Design of a 1-D auger reactor for upcycling polystyrene to styrene via pyrolysis

Abstract

As the global plastic waste crisis intensifies, upcycling polystyrene (PS) into styrene via pyrolysis emerges as a potential solution. Yet, the lack of optimised reactor designs has limited its large-scale implementation. This manuscript addresses this gap by modelling an auger pyrolysis reactor, focusing on mass and heat transfer to enhance PS upcycling efficiency. The one-dimensional model assumes heating from the reactor wall with a baseline temperature of 723 K and an activation energy for PS depolymerisation of 192.9 kJ/mol, reflecting direct PS conversion to styrene. Mass transfer calculations identify a temperature window of 633–733 K is required for complete PS conversion, while the heat transfer model is further developed to explore methods for achieving this temperature range. As the primary heat source, the wall temperature dictates the PS temperature along the reactor length and influences reactor design. Also, increasing the shaft temperature from 423 to 698 K significantly enhances heat transfer and PS conversion, as it acts as a secondary heat source rather than a heat sink.

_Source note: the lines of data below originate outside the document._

-- ===== src/Base/SafeMath/Products.antt =====
-- libHH/base/numerics/safe_math_impl.h: CheckedMul, CheckedDiv, CheckedMod and CheckedAbs on the
-- integer types of the conversions, with DstRangeRelationToSrcRange of safe_conversions_impl.h.
-- `none` is undefined behaviour: a signed result that does not fit, or a division by zero.
use lib_hh_old.Common.{
  ℕ, suc, ◌-◌, ◌*◌, ◌/◌, ◌%◌, Bool, true, false, not, ◌&&◌, ◌||◌, Option, none, some, leb,
  if◌then◌else◌,
}
use lib_hh_old.Common.Int.{ℤ, pos, negsuc, ltb_ℤ, eq_ℤ}
use lib_hh_old.Base.Numbers.{
  IntType, int, unsigned_int, int64, uint64, is_signed, max_of, depth_of, negate,
}
use lib_hh_old.Base.SafeMath.{
  RangeConstraint, range_valid, range_underflow, range_overflow, range_invalid, modulus,
  from_unsigned, xor,
}

abbrev pub magnitude : ℤ → ℕ
magnitude (pos n) = n
magnitude (negsuc n) = suc n

abbrev pub is_negative : ℤ → Bool
is_negative (pos n) = false
is_negative (negsuc n) = true

abbrev pub with_sign : Bool → ℕ → ℤ
with_sign true n = negate n
with_sign false n = pos n

-- The product, and the quotient and the remainder towards zero.
unfoldable pub times : ℤ → ℤ → ℤ
times x y = with_sign (xor (is_negative x) (is_negative y)) (magnitude x * magnitude y)

unfoldable pub quotient : ℤ → ℤ → ℤ
quotient x y = with_sign (xor (is_negative x) (is_negative y)) (magnitude x / magnitude y)

unfoldable pub remainder : ℤ → ℤ → ℤ
remainder x y = with_sign (is_negative x) (magnitude x % magnitude y)

-- `DstRangeRelationToSrcRange` of a value of a wider type, and `static_cast` to the narrow one.
unfoldable pub dst_range_relation : IntType → ℤ → RangeConstraint
dst_range_relation t (pos n) = if leb n (max_of t) then range_valid else range_overflow
dst_range_relation t (negsuc n) = if leb (suc n) (depth_of t) then range_valid else range_underflow

unfoldable pub narrow : IntType → ℤ → ℤ
narrow t (pos n) = from_unsigned t (n % modulus t)
narrow t (negsuc n) = from_unsigned t (modulus t - 1 - n % modulus t)

abbrev pub at_least : ℤ → ℤ → Bool
at_least x y = not (ltb_ℤ x y)

-- The tests of the product of two 64-bit values that are not zero.
unfoldable pub product_range : ℤ → ℤ → RangeConstraint
product_range x y =
    if not (is_negative x)
    then (if not (is_negative y)
        then (if at_least (quotient (pos (max_of int64)) y) x then range_valid else range_overflow)
        else (if at_least y (quotient (negate (depth_of int64)) x)
            then range_valid
            else range_underflow))
    else (if not (is_negative y)
        then (if at_least x (quotient (negate (depth_of int64)) y)
            then range_valid
            else range_underflow)
        else (if at_least y (quotient (pos (max_of int64)) x) then range_valid else range_overflow))

abbrev pub is_zero : ℤ → Bool
is_zero z = eq_ℤ z (pos 0)

-- `x * y` of 64-bit values, which the standard defines where it fits.
unfoldable pub defined_product : ℤ → ℤ → RangeConstraint → Option (ℤ × RangeConstraint)
defined_product x y range_valid = some (times x y, range_valid)
defined_product x y range_underflow = none
defined_product x y range_overflow = none
defined_product x y range_invalid = none

-- `validity` is what the caller's variable holds; a zero factor leaves it as it is.
unfoldable pub checked_mul : IntType → RangeConstraint → ℤ → ℤ → Option (ℤ × RangeConstraint)
checked_mul int validity x y = some (narrow int (times x y), dst_range_relation int (times x y))
checked_mul unsigned_int validity x y =
    some (narrow unsigned_int (times x y), dst_range_relation unsigned_int (times x y))
checked_mul int64 validity x y =
    if is_zero x || is_zero y
    then some (pos 0, validity)
    else defined_product x y (product_range x y)
checked_mul uint64 validity x y = some (
  narrow uint64 (times x y),
  if is_zero y || at_least (quotient (pos (max_of uint64)) y) x
      then range_valid
      else range_overflow,
)

unfoldable pub checked_div : IntType → ℤ → ℤ → Option (ℤ × RangeConstraint)
checked_div t x y =
    if is_signed t && eq_ℤ x (negate (depth_of t)) && eq_ℤ y (negsuc 0)
    then some (negate (depth_of t), range_overflow)
    else (if is_zero y then none else some (quotient x y, range_valid))

unfoldable pub checked_mod : IntType → ℤ → ℤ → Option (ℤ × RangeConstraint)
checked_mod t x y =
    if is_zero y || (is_signed t && eq_ℤ x (negate (depth_of t)) && eq_ℤ y (negsuc 0))
    then none
    else some
        (remainder x y, if not (is_signed t) || ltb_ℤ (pos 0) y then range_valid else range_invalid)

-- `std::abs` of the least value is not defined.
unfoldable pub checked_abs : IntType → ℤ → Option (ℤ × RangeConstraint)
checked_abs t value =
    if is_signed t && eq_ℤ value (negate (depth_of t))
    then none
    else some (pos (magnitude value), range_valid)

For catalytic reactions where activation energy may decrease to as low as 130 kJ/mol, the reactor length can be reduced to less than 0.2 m under the assumed conditions, highlighting the importance of catalysts in reactor design and capital investment. The model indicates with an activation energy of 160 kJ/mol, auger and wall temperatures set at 473 K and 723 K respectively, a complete PS conversion can be achieved within a reactor length of 0.75 m, corresponding to a processing time of approximately 25 min. This design enables a throughput of 1.89 kg/h of pure PS, equivalent to 94.5 L/h of expanded PS, demonstrating both scalability and potential for large-scale waste management and resource recovery. The compact reactor design also offers portability, facilitating on-site processing of PS waste.